» **How to complete this task**: Look for the string "Prelude" in the listing. Copy each line that has it.

» **Records to use**:

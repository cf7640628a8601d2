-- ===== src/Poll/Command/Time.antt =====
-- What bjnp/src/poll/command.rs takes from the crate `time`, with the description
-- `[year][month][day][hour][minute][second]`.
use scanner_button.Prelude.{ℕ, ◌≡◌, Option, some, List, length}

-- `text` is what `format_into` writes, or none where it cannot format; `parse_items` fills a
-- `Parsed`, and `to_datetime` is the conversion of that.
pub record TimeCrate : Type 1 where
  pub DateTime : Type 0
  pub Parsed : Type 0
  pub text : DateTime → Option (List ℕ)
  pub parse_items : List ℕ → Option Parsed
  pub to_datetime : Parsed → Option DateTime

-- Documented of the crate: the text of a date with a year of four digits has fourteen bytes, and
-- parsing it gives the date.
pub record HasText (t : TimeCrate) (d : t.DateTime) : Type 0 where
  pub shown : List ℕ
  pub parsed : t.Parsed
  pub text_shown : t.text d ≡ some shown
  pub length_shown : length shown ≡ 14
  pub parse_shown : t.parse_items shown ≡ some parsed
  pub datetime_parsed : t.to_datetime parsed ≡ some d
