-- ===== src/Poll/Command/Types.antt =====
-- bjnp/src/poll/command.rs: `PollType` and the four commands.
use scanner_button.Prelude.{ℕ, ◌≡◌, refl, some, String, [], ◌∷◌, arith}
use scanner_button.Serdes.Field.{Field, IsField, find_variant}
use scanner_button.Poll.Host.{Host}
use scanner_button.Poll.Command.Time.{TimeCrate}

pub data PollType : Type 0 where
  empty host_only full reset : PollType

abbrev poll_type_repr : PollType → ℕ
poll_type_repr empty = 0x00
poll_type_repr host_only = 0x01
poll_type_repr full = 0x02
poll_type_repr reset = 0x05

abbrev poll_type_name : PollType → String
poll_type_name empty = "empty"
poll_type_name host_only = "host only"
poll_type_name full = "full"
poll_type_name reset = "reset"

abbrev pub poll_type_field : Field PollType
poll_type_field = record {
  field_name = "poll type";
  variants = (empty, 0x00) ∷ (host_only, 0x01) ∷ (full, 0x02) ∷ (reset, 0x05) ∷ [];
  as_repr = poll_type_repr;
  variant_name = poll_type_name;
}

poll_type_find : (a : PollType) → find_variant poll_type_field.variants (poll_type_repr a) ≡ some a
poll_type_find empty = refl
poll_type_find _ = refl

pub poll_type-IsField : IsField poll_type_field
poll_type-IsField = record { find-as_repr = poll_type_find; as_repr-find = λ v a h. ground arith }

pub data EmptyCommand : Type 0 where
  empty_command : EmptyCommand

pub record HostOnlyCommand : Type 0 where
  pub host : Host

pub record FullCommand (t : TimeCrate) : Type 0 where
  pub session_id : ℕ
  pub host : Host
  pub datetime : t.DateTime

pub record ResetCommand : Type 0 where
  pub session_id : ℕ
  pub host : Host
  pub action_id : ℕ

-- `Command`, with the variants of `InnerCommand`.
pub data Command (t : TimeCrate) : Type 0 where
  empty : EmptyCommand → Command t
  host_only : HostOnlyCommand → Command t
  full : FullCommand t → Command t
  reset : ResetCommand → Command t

* * *

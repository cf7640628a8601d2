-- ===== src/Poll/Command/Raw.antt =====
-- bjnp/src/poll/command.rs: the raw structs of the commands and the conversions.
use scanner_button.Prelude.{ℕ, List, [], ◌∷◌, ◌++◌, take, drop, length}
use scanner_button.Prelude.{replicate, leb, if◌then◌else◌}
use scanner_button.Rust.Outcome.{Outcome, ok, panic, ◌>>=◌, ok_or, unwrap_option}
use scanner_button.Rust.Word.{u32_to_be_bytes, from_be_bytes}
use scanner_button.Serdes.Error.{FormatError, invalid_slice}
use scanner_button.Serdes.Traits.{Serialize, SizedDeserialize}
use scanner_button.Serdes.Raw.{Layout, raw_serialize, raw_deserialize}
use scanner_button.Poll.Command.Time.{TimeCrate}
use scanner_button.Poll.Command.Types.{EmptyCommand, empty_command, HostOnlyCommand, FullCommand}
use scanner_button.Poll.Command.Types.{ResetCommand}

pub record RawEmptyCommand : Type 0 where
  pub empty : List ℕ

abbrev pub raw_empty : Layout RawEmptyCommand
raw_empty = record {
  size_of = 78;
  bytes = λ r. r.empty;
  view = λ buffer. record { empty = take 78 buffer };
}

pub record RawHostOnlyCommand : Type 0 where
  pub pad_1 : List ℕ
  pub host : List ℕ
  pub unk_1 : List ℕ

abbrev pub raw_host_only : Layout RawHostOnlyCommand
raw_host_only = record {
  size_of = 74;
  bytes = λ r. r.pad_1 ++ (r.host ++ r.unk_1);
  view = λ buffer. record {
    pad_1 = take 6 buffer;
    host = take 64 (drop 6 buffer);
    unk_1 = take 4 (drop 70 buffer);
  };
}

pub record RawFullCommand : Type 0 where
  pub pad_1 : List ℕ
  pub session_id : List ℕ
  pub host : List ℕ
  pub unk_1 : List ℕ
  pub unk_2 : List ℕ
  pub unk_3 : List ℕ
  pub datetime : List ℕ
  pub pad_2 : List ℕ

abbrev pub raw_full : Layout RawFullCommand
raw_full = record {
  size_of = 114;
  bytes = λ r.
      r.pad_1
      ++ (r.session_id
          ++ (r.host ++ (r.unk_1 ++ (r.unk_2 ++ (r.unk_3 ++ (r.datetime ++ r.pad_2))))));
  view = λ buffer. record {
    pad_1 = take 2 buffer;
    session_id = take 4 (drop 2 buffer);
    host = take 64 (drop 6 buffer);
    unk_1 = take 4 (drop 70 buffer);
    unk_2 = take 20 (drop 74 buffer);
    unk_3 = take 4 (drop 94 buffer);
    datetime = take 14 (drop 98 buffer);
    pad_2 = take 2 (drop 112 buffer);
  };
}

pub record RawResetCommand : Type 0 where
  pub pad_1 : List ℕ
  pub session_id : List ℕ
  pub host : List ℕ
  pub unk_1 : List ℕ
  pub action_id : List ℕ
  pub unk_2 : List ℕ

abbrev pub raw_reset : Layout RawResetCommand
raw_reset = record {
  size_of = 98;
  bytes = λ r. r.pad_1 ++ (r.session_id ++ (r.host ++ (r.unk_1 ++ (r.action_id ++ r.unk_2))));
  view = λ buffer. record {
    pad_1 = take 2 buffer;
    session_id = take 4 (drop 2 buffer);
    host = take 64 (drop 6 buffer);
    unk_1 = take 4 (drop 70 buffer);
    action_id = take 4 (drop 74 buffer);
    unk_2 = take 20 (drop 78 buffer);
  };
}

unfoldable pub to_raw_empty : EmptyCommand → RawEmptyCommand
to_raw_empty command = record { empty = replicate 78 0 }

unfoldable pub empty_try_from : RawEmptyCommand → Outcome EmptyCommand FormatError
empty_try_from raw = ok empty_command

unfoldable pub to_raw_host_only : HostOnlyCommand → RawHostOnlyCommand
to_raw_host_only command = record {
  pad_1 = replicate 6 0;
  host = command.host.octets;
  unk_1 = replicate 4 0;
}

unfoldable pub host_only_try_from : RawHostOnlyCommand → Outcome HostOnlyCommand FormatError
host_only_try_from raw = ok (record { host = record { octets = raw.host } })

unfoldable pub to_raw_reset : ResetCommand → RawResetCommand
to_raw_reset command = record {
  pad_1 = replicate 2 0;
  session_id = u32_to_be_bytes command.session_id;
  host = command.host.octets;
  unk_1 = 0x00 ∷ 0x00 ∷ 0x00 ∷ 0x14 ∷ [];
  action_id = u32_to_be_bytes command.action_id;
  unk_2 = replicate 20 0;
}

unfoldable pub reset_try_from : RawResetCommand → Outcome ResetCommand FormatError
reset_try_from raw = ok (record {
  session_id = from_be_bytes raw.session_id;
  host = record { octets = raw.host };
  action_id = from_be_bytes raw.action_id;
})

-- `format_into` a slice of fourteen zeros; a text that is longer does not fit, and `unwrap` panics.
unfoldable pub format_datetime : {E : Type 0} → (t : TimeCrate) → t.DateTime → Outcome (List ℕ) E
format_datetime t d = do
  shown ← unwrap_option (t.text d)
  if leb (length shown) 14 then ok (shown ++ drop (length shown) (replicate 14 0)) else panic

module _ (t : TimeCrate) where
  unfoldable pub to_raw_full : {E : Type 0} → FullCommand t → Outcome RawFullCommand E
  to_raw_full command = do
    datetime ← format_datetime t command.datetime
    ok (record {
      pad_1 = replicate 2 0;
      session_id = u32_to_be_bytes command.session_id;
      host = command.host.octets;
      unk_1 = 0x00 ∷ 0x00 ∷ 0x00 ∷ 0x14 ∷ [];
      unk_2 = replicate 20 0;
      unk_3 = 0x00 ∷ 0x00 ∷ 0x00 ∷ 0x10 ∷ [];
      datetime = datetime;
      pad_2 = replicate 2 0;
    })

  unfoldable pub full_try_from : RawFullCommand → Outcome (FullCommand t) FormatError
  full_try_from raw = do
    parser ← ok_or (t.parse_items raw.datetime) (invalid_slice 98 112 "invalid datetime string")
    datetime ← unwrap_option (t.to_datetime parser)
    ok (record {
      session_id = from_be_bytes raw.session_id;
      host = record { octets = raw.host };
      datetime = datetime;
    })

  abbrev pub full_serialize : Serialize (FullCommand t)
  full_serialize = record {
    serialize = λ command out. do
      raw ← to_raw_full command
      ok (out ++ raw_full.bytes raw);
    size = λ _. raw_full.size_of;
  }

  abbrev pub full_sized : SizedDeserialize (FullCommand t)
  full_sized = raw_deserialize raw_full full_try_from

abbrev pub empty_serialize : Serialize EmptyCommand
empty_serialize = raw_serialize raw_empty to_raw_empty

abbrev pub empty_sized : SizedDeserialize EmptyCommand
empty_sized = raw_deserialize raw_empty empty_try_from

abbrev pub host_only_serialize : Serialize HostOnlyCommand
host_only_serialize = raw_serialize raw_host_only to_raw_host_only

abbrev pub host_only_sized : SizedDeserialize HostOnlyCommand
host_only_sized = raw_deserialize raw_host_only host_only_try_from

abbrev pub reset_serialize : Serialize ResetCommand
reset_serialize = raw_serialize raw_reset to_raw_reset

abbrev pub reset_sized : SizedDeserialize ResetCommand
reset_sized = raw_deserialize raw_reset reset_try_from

» **Exercise response**:
use scanner_button.Prelude.{ℕ, ◌≡◌, Option, some, List, length}
use scanner_button.Prelude.{ℕ, ◌≡◌, refl, some, String, [], ◌∷◌, arith}
use scanner_button.Prelude.{ℕ, List, [], ◌∷◌, ◌++◌, take, drop, length}
use scanner_button.Prelude.{replicate, leb, if◌then◌else◌}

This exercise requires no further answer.